(Records from a collection)
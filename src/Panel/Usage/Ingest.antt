-- ===== src/Panel/Usage/Ingest.antt =====
-- internal/panel/nodes/accounting.go: IngestUsageReport, resolveService, activateIfOnHold and
-- PruneUsageDeltas, each as the function of its transaction.
use antimage.Common.{
  ℕ, ◌+◌, ◌-◌, ◌%◌, ◌^◌, ◌==◌, Bool, true, false, Option, none, some, List, [], ◌∷◌, ◌++◌, ite,
  if◌then◌else◌, ℕ_discrete, contains, ltb, ◌&&◌, suc,
}
use antimage.Common.Maps
use antimage.Common.Outcome.{Outcome, ok, err, ◌>>=◌, ◌>>◌, ◌refuses◌}
use antimage.Panel.Usage.Tables.{
  Delta, Subject, Usage, UsageError, constraint, high_bit, overflow, int64,
}

-- UsageDelta
pub record UsageDelta : Type 0 where
  pub subject_id : ℕ
  pub service_id : ℕ
  pub uplink_bytes : ℕ
  pub downlink_bytes : ℕ

-- SELECT 1 FROM usage_deltas WHERE node_id = ? AND sequence = ?
unfoldable pub has_report : ℕ → ℕ → List Delta → Bool
has_report node sequence [] = false
has_report node sequence (d ∷ rest) =
    let others = has_report node sequence rest in
    if d.node_id == node && (d.sequence == sequence) then true else others

-- resolveService
abbrev pub resolve_service : ℕ → ℕ → Usage → Option ℕ
resolve_service node reported db =
    if reported == 0 then none else elim (Maps.get ℕ_discrete reported db.services) [
      | none ↦ none
      | some owner ↦ if owner == node then some reported else none
    ]

-- UNIQUE (node_id, sequence, subject_id, service_id), in which NULL differs from NULL.
abbrev pub same_service : Option ℕ → Option ℕ → Bool
same_service (some a) (some b) = a == b
same_service _ _ = false

unfoldable pub is_taken : ℕ → ℕ → ℕ → Option ℕ → List Delta → Bool
is_taken node sequence subject service [] = false
is_taken node sequence subject service (d ∷ rest) =
    let others = is_taken node sequence subject service rest in
    if d.node_id == node
      && (d.sequence == sequence)
      && (d.subject_id == subject)
      && same_service d.service_id service
    then true
    else others

-- UPDATE subjects SET … WHERE id = ?
unfoldable pub set_subject : ℕ → (Subject → Subject) → List (ℕ × Subject) → List (ℕ × Subject)
unfolding ℕ_discrete
set_subject id change [] = []
set_subject id change (s ∷ rest) =
    let others = set_subject id change rest in
    ite (ℕ_discrete s.0 id) ((s.0, change s.1) ∷ others) (s ∷ others)

-- activateIfOnHold
abbrev pub activated : Bool → ℕ → Subject → Subject
activated used now s =
    if used
    then (elim s.on_hold_seconds [
      | none ↦ s
      | some seconds ↦ record s {
        expires_at = some (now + seconds);
        on_hold_seconds = none;
        status_changed_at = some now;
      }
    ])
    else s

-- sample.UplinkBytes+sample.DownlinkBytes
abbrev pub total_bytes : UsageDelta → ℕ
total_bytes s = (s.uplink_bytes + s.downlink_bytes) % 2 ^ 64

abbrev pub row_of : ℕ → ℕ → ℕ → UsageDelta → Usage → Delta
row_of node sequence now s db = record {
  id = suc db.last_id;
  node_id = node;
  subject_id = s.subject_id;
  service_id = resolve_service node s.service_id db;
  sequence = sequence;
  uplink_bytes = s.uplink_bytes;
  downlink_bytes = s.downlink_bytes;
  created_at = now;
}

-- The INSERT of a delta.
unfoldable pub insert_delta : ℕ → ℕ → ℕ → UsageDelta → Usage → Outcome UsageError Usage
unfolding contains
insert_delta node sequence now s db = do
  _ ← int64 high_bit s.uplink_bytes
  _ ← int64 high_bit s.downlink_bytes
  (if contains ℕ_discrete node db.nodes then false else true) refuses constraint "node_id"
  elim (Maps.get ℕ_discrete s.subject_id db.subjects) [
    | none ↦ err (constraint "subject_id")
    | some row ↦ do
      is_taken node sequence s.subject_id (resolve_service node s.service_id db) db.deltas
          refuses constraint "UNIQUE (node_id, sequence, subject_id, service_id)"
      ok (record db {
        deltas = db.deltas ++ row_of node sequence now s db ∷ [];
        last_id = suc db.last_id;
      })
  ]

-- The two UPDATEs of a sample's subject.
abbrev pub count_bytes : UsageDelta → ℕ → Subject → Subject
count_bytes s now row =
    activated (ltb 0 (total_bytes s)) now
      (record row { quota_used_bytes = row.quota_used_bytes + total_bytes s })

unfoldable pub update_subject : ℕ → UsageDelta → Usage → Outcome UsageError Usage
update_subject now s db = do
  _ ← int64 high_bit (total_bytes s)
  elim (Maps.get ℕ_discrete s.subject_id db.subjects) [
    | none ↦ ok db
    | some row ↦ do
      _ ← int64 overflow (row.quota_used_bytes + total_bytes s)
      ok (record db { subjects = set_subject s.subject_id (count_bytes s now) db.subjects })
  ]

-- The loop over the samples.
unfoldable pub apply_samples : ℕ → ℕ → ℕ → List UsageDelta → Usage → Outcome UsageError Usage
apply_samples node sequence now [] db = ok db
apply_samples node sequence now (s ∷ rest) db =
    insert_delta node sequence now s db
    >>= (λ db₁. update_subject now s db₁ >>= (λ db₂. apply_samples node sequence now rest db₂))

-- IngestUsageReport
unfoldable pub ingest : ℕ → ℕ → List UsageDelta → ℕ → Usage → Outcome UsageError Usage
ingest node sequence samples now db =
    if has_report node sequence db.deltas then ok db else apply_samples node sequence now samples db

-- PruneUsageDeltas, where the retention is not longer than the time since the epoch; the number
-- of rows that it returns is for the log.
unfoldable pub older_deleted : ℕ → List Delta → List Delta
older_deleted cutoff [] = []
older_deleted cutoff (d ∷ rest) =
    let others = older_deleted cutoff rest in if ltb d.created_at cutoff then others else d ∷ others

abbrev pub prune : ℕ → ℕ → Usage → Usage
prune retention now db = record db { deltas = older_deleted (now - retention) db.deltas }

**DESCRIPTION OF THE TASK:** Beginning at the top of the data, please return every line until and including the line containing "-- resolveService", copied exactly, and nothing past it.

**OUTPUT:**
filename src/Panel/Usage/Ingest.antt
-- ===== src/Panel/Usage/Ingest.antt =====
-- internal/panel/nodes/accounting.go: IngestUsageReport, resolveService, activateIfOnHold and
-- PruneUsageDeltas, each as the function of its transaction.
use antimage.Common.{
  ℕ, ◌+◌, ◌-◌, ◌%◌, ◌^◌, ◌==◌, Bool, true, false, Option, none, some, List, [], ◌∷◌, ◌++◌, ite,
  if◌then◌else◌, ℕ_discrete, contains, ltb, ◌&&◌, suc,
}
use antimage.Common.Maps
use antimage.Common.Outcome.{Outcome, ok, err, ◌>>=◌, ◌>>◌, ◌refuses◌}
use antimage.Panel.Usage.Tables.{
  Delta, Subject, Usage, UsageError, constraint, high_bit, overflow, int64,
}

-- UsageDelta
pub record UsageDelta : Type 0 where
  pub subject_id : ℕ
  pub service_id : ℕ
  pub uplink_bytes : ℕ
  pub downlink_bytes : ℕ

-- SELECT 1 FROM usage_deltas WHERE node_id = ? AND sequence = ?
unfoldable pub has_report : ℕ → ℕ → List Delta → Bool
has_report node sequence [] = false
has_report node sequence (d ∷ rest) =
    let others = has_report node sequence rest in
    if d.node_id == node && (d.sequence == sequence) then true else others

-- resolveService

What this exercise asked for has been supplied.